Размышляя о загадках природных явлений, Джору залез на верхотуру, скатился с перевала и вышел на свежий горельник, почти пожарище, потому что кое-где ещё поднимались в небо тонкие дымные струйки. На границе между чистой изумрудной и пепельной травой, на поваленном стволе, сидела Ый-ХрЫ-Жъооб, завернувшись в зелёную моховую шубу. Босой ногой она топтала огненные змейки, которые пытались вырваться наружу из дышащего остывающим жаром круга.

– Не хочешь ли получить удовольствие? – простодушно спросила лесунка.

– Да я не умею, – отказался пацан.

– Я научу! – обрадовалась лемурийка и дёрнула его за подол рубахи.

Подол выпростался из штанов, в траву выпал очир. Увидев колючие углы и зубцы, Жъооб испугалась, припоминая, как страшны колючки, если принять образ шолмасы.

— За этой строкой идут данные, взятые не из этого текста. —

-- ===== src/Farmers.antt =====
-- services/farmer_service.py: a farmer's own profile, and the change of bank details, which staff
-- reviews.
pub mod Bank
use agri_flow.Prelude.{
  ℕ, String, Bool, true, false, not, ◌&&◌, Option, none, some, List, [], ◌∷◌, ◌==◌, is_some, given,
  if◌then◌else◌,
}
use agri_flow.Prelude.Decimal.{Decimal}
use agri_flow.Prelude.Table.{lookup, insert, select}
use agri_flow.Errors.{Error, Result}
use agri_flow.Exec.{pure, lift, raise_if, when, ◌>>=◌, ◌>>◌}
use agri_flow.Enums.{UserRole, BankRequestStatus, NotificationType}
use agri_flow.Models.{FarmerProfile, BankChangeRequest, Db}
use agri_flow.Session.{Action, query, write, add}
use agri_flow.Notify.{notify_user, notify_roles, audit}
use agri_flow.Accounts.{profile_of, set_profile, given_some}
use agri_flow.Exec.Pure

unfoldable pub get_own_profile : ℕ → Db → Result (ℕ × FarmerProfile)
get_own_profile user_id d = Pure.◌>>=◌ (profile_of user_id d) (λ o. Pure.found o Error.not_found)

-- the fields of `UpdateFarmerProfileRequest`
pub record OwnUpdate : Type 0 where
  pub address : Option String
  pub acres_of_land : Option Decimal
  pub soil_type : Option String
  pub irrigation_type : Option String
  pub primary_crop : Option String
  pub secondary_crop : Option String

abbrev pub own_profile : OwnUpdate → FarmerProfile → FarmerProfile
own_profile f p = record p {
  address = given_some f.address p.address;
  acres_of_land = given f.acres_of_land p.acres_of_land;
  soil_type = given_some f.soil_type p.soil_type;
  irrigation_type = given_some f.irrigation_type p.irrigation_type;
  primary_crop = given_some f.primary_crop p.primary_crop;
  secondary_crop = given_some f.secondary_crop p.secondary_crop;
}

unfoldable pub update_own_profile : ℕ → OwnUpdate → Action FarmerProfile
unfolding get_own_profile
update_own_profile user_id f = do
  (k, p) ← query (get_own_profile user_id)
  write (set_profile k (own_profile f p))
  pure (own_profile f p)

abbrev pub is_pending : BankRequestStatus → Bool
is_pending BankRequestStatus.pending = true
is_pending _ = false

abbrev pub is_pending_of : ℕ → BankChangeRequest → Bool
is_pending_of farmer_id r = r.farmer_id == farmer_id && is_pending r.status

-- the one pending request of a farmer
abbrev pub pending_request : ℕ → Db → Result (Option BankChangeRequest)
pending_request farmer_id d =
    Pure.scalar_one_or_none (select (is_pending_of farmer_id) d.bank_requests)

-- the bank details of a request
pub record BankDetails : Type 0 where
  pub bank_name : String
  pub account_number : String
  pub ifsc_code : String
  pub upi_id : Option String

abbrev pub new_request : ℕ → BankDetails → BankChangeRequest
new_request farmer_id b = record {
  farmer_id = farmer_id;
  bank_name = some b.bank_name;
  account_number = some b.account_number;
  ifsc_code = some b.ifsc_code;
  upi_id = b.upi_id;
  status = BankRequestStatus.pending;
  admin_notes = none;
  reviewed_at = none;
  reviewed_by = none;
}

-- One request by itself: the source takes no lock between the query and the insertion, and the
-- table has no unique index on the pending requests.
unfoldable pub request_bank_change : ℕ → BankDetails → ℕ → Action BankChangeRequest
unfolding notify_roles audit
request_bank_change farmer_id b request_id = do
  existing ← query (pending_request farmer_id)
  raise_if (is_some existing) Error.conflict
  add request_id (new_request farmer_id b) (λ d. d.bank_requests)
      (λ t d. record d { bank_requests = t })
  notify_roles (UserRole.manager ∷ UserRole.super_admin ∷ []) "New bank change request"
      NotificationType.info "bank_change_request" request_id
  audit (some farmer_id) "bank_change.request" (some "bank_change_request") (some request_id)
  pure (new_request farmer_id b)

abbrev pub reviewed : ℕ → ℕ → Bool → Option String → BankChangeRequest → BankChangeRequest
reviewed now reviewer_id approve admin_notes r = record r {
  status = if approve then BankRequestStatus.approved else BankRequestStatus.rejected;
  admin_notes = admin_notes;
  reviewed_at = some now;
  reviewed_by = some reviewer_id;
}

abbrev pub with_bank : BankChangeRequest → FarmerProfile → FarmerProfile
with_bank r p = record p {
  bank_name = r.bank_name;
  account_number = r.account_number;
  ifsc_code = r.ifsc_code;
  upi_id = r.upi_id;
}

-- `if profile:`
abbrev pub save_bank : BankChangeRequest → Option (ℕ × FarmerProfile) → Action (Unit {0})
save_bank r none = pure tt
save_bank r (some (k, p)) = write (set_profile k (with_bank r p))

abbrev pub approve_bank : BankChangeRequest → Action (Unit {0})
approve_bank r = query (profile_of r.farmer_id) >>= save_bank r

abbrev pub set_request : ℕ → BankChangeRequest → Db → Db
set_request k r d = record d { bank_requests = insert k r d.bank_requests }

unfoldable pub review_bank_change : ℕ → ℕ → ℕ → Bool → Option String → Action BankChangeRequest
unfolding notify_user audit
review_bank_change now reviewer_id request_id approve admin_notes = do
  r ← query (λ d. Pure.found (lookup request_id d.bank_requests) Error.not_found)
  raise_if (not (is_pending r.status)) Error.conflict
  let r' : BankChangeRequest = reviewed now reviewer_id approve admin_notes r
  write (set_request request_id r')
  when approve (approve_bank r')
  notify_user r.farmer_id "Bank change request reviewed"
      (if approve then NotificationType.success else NotificationType.warning) "bank_change_request"
      request_id
  audit (some reviewer_id) "bank_change.review" (some "bank_change_request") (some request_id)
  pure r'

– Ладно, научи, – согласился Джору.

– Нет, не могу, – отказалась похотливая лешачиха.

– А почему?

– Да ты небрит, – соврала она, как будто юношеский пушок мог послужить оправданием её страхов к колющимся предметам.

Где-то в чаще однозвучно зазвучал колокольчик.

– Что это? – удивилась лемурийка.

Джору звон не заинтересовал, подумал, что в ухе звенит. Скорее всего так бы и двинулся в Юртаун пешком, не ожидая помощи ниоткуда, остался бы без папашкиного подарочка. Но, как известно, небесный отец обо всём заранее подумал: предполагал, что Шаргай может пройти мимо небесного коня, как мимо пустого места. Поэтому выкатился из-под трона, глянул вниз, удостоверился, что худшие его предположения подтверждаются, и приказал младшенькому:

– Яшка, пульни-ка в во-он тот гнилой ствол! Яков Саган прищурился, примерился и запустил метеоритом в трухлявую цель.

Буреломная лесина развалилась, подняв облачко праха. Юноша чихнул и вдруг вскрикнул. И ещё раз. И ещё. Небесный камень разрушил пристанище лесных пчёл, вот они и кинулись защищаться – кусать агрессора, а точнее, всё, что шевелится. Шевелились трава и листва на ветру, человек и иножить. Лесунке пчёлы были нипочём – она расширилась до газообразного состояния, и насекомые с болючими жалами пронзали её, едва ли замечая.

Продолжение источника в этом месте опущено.